_Material supplied_
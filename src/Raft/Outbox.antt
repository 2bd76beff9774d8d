-- ===== src/Raft/Outbox.antt =====
-- What the messages that a node of src/raft/raft.cc queues promise: its own name as the sender,
-- and behind each granted vote a hard state that keeps it.
pub mod Moves
use mini_lsm.Prelude.{
  ℕ, ◌<◌, ◌+◌, ◌≡◌, ◌≢◌, refl, sym, ap, subst, ◌⊎◌, inl, inr, Bool, true, false, List, [], ◌∷◌,
  ◌++◌, arith, Bool-cases, All, ◌∙◌, append_assoc, append-nil, ◌&&◌, All-append, All-imp, reached,
  ltb, leb, length, u64,
}
use mini_lsm.Raft.Messages.{
  message, NodeId, Term, Message, MessageType, request_vote, request_vote_resp, append_entries,
  append_entries_resp,
}
use mini_lsm.Raft.State.{Raft, Config, quorum_size, Role, follower, candidate, leader, send}
use mini_lsm.Raft.Leader.{
  append_message, become_leader, take_office, handle_append_entries_resp, broadcast_append_entries,
}
use mini_lsm.Raft.Follower.{
  handle_request_vote, handle_append_entries, become_follower, become_candidate, stand,
  request_message, request_votes, can_vote, up_to_date,
}
use mini_lsm.Raft.Core.{
  tick, tick_as, tick_election, tick_heartbeat, step, step_as, step_follower, step_candidate,
  step_leader, record_vote, count_vote, reject_stale, leader_of, propose,
}
use mini_lsm.Raft.Frames.{to_others, broadcast_to-eq, request_votes-eq}
use mini_lsm.Raft.Ballot.{
  Ballot, take_office-ballot, ballot, All-to_others, append_response, become_leader-ballot,
  handle_append_entries-ballot, handle_append_entries_resp-ballot,
}
use mini_lsm.Raft.HardState.{
  HardState, hard, Extends, Tracks, Tracks-refl, step-Tracks, tick-Tracks, Tracks-trans,
  handle_append_entries-Tracks, handle_request_vote-Tracks, become_leader-Tracks,
  become_follower-Tracks, reject_stale-Tracks, tick_heartbeat-Tracks, become_candidate-Tracks,
}

-- A hard state that holds a vote for `c` in term `t`.
abbrev pub Pledged : HardState → Term → NodeId → Type 0
Pledged h t c = (h.term ≡ t) × (h.vote ≡ c)

-- A condition on granted votes only.
abbrev pub OnGrant : MessageType → Bool → Type 0 → Type 0
OnGrant request_vote_resp true P = P
OnGrant _ _ P = Unit

abbrev pub IsHonest : NodeId → HardState → Message → Type 0
IsHonest i h m = (m.from ≡ i) × OnGrant m.type m.vote_granted ((m.to ≢ 0) × Pledged h m.term m.to)

pub OnGrant-imp :
    (t : MessageType) (g : Bool) (P Q : Type 0) → (P → Q) → OnGrant t g P → OnGrant t g Q
OnGrant-imp request_vote_resp true P Q f h = f h
OnGrant-imp request_vote_resp false P Q f h = tt
OnGrant-imp request_vote g P Q f h = tt
OnGrant-imp append_entries g P Q f h = tt
OnGrant-imp append_entries_resp g P Q f h = tt

pub OnGrant-true : (g : Bool) (P : Type 0) → (g ≡ true → P) → OnGrant request_vote_resp g P
OnGrant-true true P f = f refl
OnGrant-true false P f = tt

-- The step from `a` to `b` only queues more messages, and those are honest.
pub record Queues (a b : Raft) : Type 0 where
  pub tracks : Tracks a b
  pub config : b.config ≡ a.config
  pub sent : List Message
  pub queued : b.out_msgs ≡ a.out_msgs ++ sent
  pub honest : All (IsHonest a.config.id (hard b)) sent

-- The step from `a` to `b` leaves the outbox and the configuration alone.
pub record Silent (a b : Raft) : Type 0 where
  pub tracks : Tracks a b
  pub config : b.config ≡ a.config
  pub outbox : b.out_msgs ≡ a.out_msgs

pub silent : {a b : Raft} → Tracks a b → b.config ≡ a.config → b.out_msgs ≡ a.out_msgs → Silent a b
silent h k e = record { tracks = h; config = k; outbox = e }

pub Queues-none : {a b : Raft} → Silent a b → Queues a b
Queues-none s = record {
  tracks = s.tracks;
  config = s.config;
  sent = [];
  queued = rw append-nil s.outbox;
  honest = tt;
}

pub Queues-after : {a b c : Raft} → Silent a b → Queues b c → Queues a c
Queues-after {c} s q = record {
  tracks = Tracks-trans s.tracks q.tracks;
  config = q.config ∙ s.config;
  sent = q.sent;
  queued = q.queued ∙ ap (λ l. l ++ q.sent) s.outbox;
  honest = subst (λ (k : Config). All (IsHonest k.id (hard c)) q.sent) s.config q.honest;
}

_What the task asks_
Pull out every line holding "subst" from the records above, and copy it.

_Final answer_
  ℕ, ◌<◌, ◌+◌, ◌≡◌, ◌≢◌, refl, sym, ap, subst, ◌⊎◌, inl, inr, Bool, true, false, List, [], ◌∷◌,
  honest = subst (λ (k : Config). All (IsHonest k.id (hard c)) q.sent) s.config q.honest;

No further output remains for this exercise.